Similar to AGL15, GhAGL15s are induced by auxin, one of the essential components for somatic embryogenesis (Fig. 4b). LEC2, one essential gene for induction of somatic embryo, is responsive to auxin and may directly control the expression of AGL15 (Braybrook et al. 2006). AGL15 controls ethylene biosynthesis, and directly regulates the ethylene response factor SERF1 and gibberellin catabolism genes AtGA2ox6. So it promotes somatic embryogenesis by influencing ethylene signal transduction and reducing the gibberellin/abscisic acid ratio (Wang et al. 2004; Zheng et al. 2013). SERK1 is also induced by auxin treatment and enhances somatic embryo development when ectopic expressed (Hecht et al. 2001). AGL15 is one component of SERK1 protein complex (Karlova et al. 2006). GhAGL15-1 and GhAGL15-3 responded to KT treatment (Fig. 4b). Therefore, GhAGL15s may be a modulator of these phytohormones and gene interactions in promoting embryogenesis competence. Future research is required to determine the division and corporation between GhAGL15s in regulating embryogenesis callus and the embryoid development.

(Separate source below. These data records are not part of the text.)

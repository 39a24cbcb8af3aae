-- ===== src/Client/Send/SentDir.antt =====
-- A send of a folder, and the receiver that answers it.
use lanxfer.Base.{
  ℕ, take, ◌≤◌, ◌≡◌, ◌≢◌, ◌⊎◌, refl, sym, ap, subst, ◌∙◌, inl, inr, Bool, true, [], ◌∷◌, ◌++◌, some,
  Text, ◌==◌, arith, Bool-cases, Result, ok, err,
}
use lanxfer.History.{newline}
use lanxfer.Server.Storage.{folder}
use lanxfer.Server.Storage.Save.{IsFresh}
use lanxfer.Server.Extract.{Extractor}
use lanxfer.Server.Extract.Growth.{IsBounded}
use lanxfer.Server.Extract.Unpacked.{Unpacked}
use lanxfer.Server.SaveDir.{Received}
use lanxfer.Server.Requests.{Response, World, put_dir}
use lanxfer.Server.Uploads.{folder_entry}
use lanxfer.Server.Uploads.Outcome.{PutDirOutcome, handle_put_dir-PutDirOutcome}
use lanxfer.Server.Uploads.Outcome.Receipts.{Receipt, Kept, kept}
use lanxfer.Server.Handler.{dispatch}
use lanxfer.Client.{DirPlan}
use lanxfer.Client.Send.Receiver.{Connection, carried, reached, reply_of, answer_to, served}
use lanxfer.Client.Send.{
  SendResult, SendOptions, Outgoing, Answer, SendError, WriteEnd, send_result, dir_answer, send_dir,
  max_reply, outgoing, answered, dirs_unsupported,
}

module _ (trim_space : Text → Text) (size : ℕ) (end : WriteEnd) (a : Answer) where
  dir_answer-created :
      a.status ≡ 201 → dir_answer trim_space size end (some a) ≡ ok (send_result trim_space size a)
  unfolding dir_answer
  dir_answer-created h = ground (arith, h)

  dir_answer-refused :
      a.status ≢ 201 → (e : SendError) × (dir_answer trim_space size end (some a) ≡ err e)
  unfolding dir_answer
  dir_answer-refused h = elim (Bool-cases (a.status == 404)) [
    | inl m ↦ (dirs_unsupported, ground (arith, h, m))
    | inr m ↦ (answered a.status, ground (arith, h, m))
  ]

module _ (trim_space : Text → Text) (is_valid : Outgoing → Bool) (c : Connection) (plan : DirPlan)
    (opts : SendOptions) where
  abbrev pub dir_request : Outgoing
  dir_request = outgoing put_dir plan.name plan.tar_size opts

  -- The folder was received under a free name that the result tells, or the send failed and nothing
  -- has changed but for what could not be removed of the temporary folder.
  abbrev pub SendDirOutcome : Result SendError SendResult → Response × World → Type 0
  SendDirOutcome res after =
      ((got : SendResult) × (there : Received) × (ex : Extractor) × (res ≡ ok got)
        × (got.remote_name ≡ trim_space (take max_reply (there.final ++ newline ∷ [])))
        × (got.size ≡ plan.tar_size)
        × (c.stream.total ≡ plan.tar_size)
        × (plan.tar_size ≤ c.cfg.max_size)
        × Unpacked c.env.fs plan.tar_size there.files ex
        × (there.content ≡ ex.written)
        × Receipt c.cfg c.env (carried c dir_request) (folder ex.root)
            (folder_entry c.env plan.name there) there.final c.world after.1)
      ⊎ ((e : SendError) × (res ≡ err e) × Kept c.env.sys true c.world after.1)

  answered-SendDirOutcome :
      (end : WriteEnd) (after : Response × World)
      → c.declare plan.tar_size ≡ some plan.tar_size
      → PutDirOutcome c.cfg c.env (carried c dir_request) c.world after
      → SendDirOutcome (dir_answer trim_space plan.tar_size end (some (reply_of c after.0))) after
  unfolding outgoing send_result
  answered-SendDirOutcome end after declares
        (inl (there, ex, e, len, fits, unpacked, content, got)) =
      let whole : c.stream.total ≡ plan.tar_size = cc (sym declares ∙ len) in
      inl (
        send_result trim_space plan.tar_size (reply_of c after.0),
        there,
        ex,
        dir_answer-created trim_space plan.tar_size end (reply_of c after.0)
            (ap (λ (r : Response). r.status) e),
        ap (λ (r : Response). trim_space (take max_reply (r.reply ++ newline ∷ []))) e,
        refl,
        whole,
        subst (λ (n : ℕ). n ≤ c.cfg.max_size) whole fits,
        subst (λ (n : ℕ). Unpacked c.env.fs n there.files ex) whole unpacked,
        content,
        got,
      )
  answered-SendDirOutcome end after declares (inr (other, same)) =
      let (e, failed) =
        dir_answer-refused trim_space plan.tar_size end (reply_of c after.0) other in
      inr (e, failed, same)

  -- If the request and the answer of the receiver arrive whole, SendDir of a scanned folder either
  -- returns without an error, and then the receiver read a stream of exactly the planned length and
  -- has what it unpacked, within the limits of the stream, under a name that was free and that the
  -- result tells but for spaces at its ends, and has recorded it; or it returns an error, and then
  -- the receiver has changed nothing, but that what could not be removed of the temporary folder may
  -- stay at its name. net/http is assumed to send the length of the plan, the tar reader to yield at
  -- most the bytes that a header declares, and the receiver's system to make temporary names that are
  -- not in use and not to fail at removing the reserved placeholder.
  pub send_dir-SendDirOutcome :
      (end : WriteEnd)
      → is_valid dir_request ≡ true
      → c.declare plan.tar_size ≡ some plan.tar_size
      → IsBounded c.stream.items
      → IsFresh c.env.sys c.world.dir
      → c.env.sys.remove_ok ≡ true
      → SendDirOutcome
          (send_dir trim_space is_valid (answer_to c) plan end opts)
          (reached c dir_request)
  unfolding outgoing dispatch send_dir
  send_dir-SendDirOutcome end v declares bounded fresh removes = rw v (
      answered-SendDirOutcome end (reached c dir_request) declares (
        served (PutDirOutcome c.cfg c.env (carried c dir_request) c.world) c dir_request
          (inr (ground arith, kept c.env.sys true c.world))
          (handle_put_dir-PutDirOutcome c.cfg c.env (carried c dir_request) c.world bounded fresh
            removes)))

Transgenic research has made considerable progress in cotton improvement (Sunilkumar et al. 2006; Shadmanov et al. 2013; Zhang et al. 2000; Wilkins 2000; Wilkins et al. 2000). Cotton genetic transformation largely depends on regeneration via somatic embryogenesis (Zhang et al. 2011). Embryogenic callus formation is the key step to accomplish regeneration in cotton plants, so GhAGL15s, which are highly expressed in embryogenic callus, can improve the embryonic competency of transgenic calli. Therefore, the control of GhAGL15s expression, using temporal or specific inducible promoters, may prove a valuable tool for improving transformation efficiency and recovery of transgenics.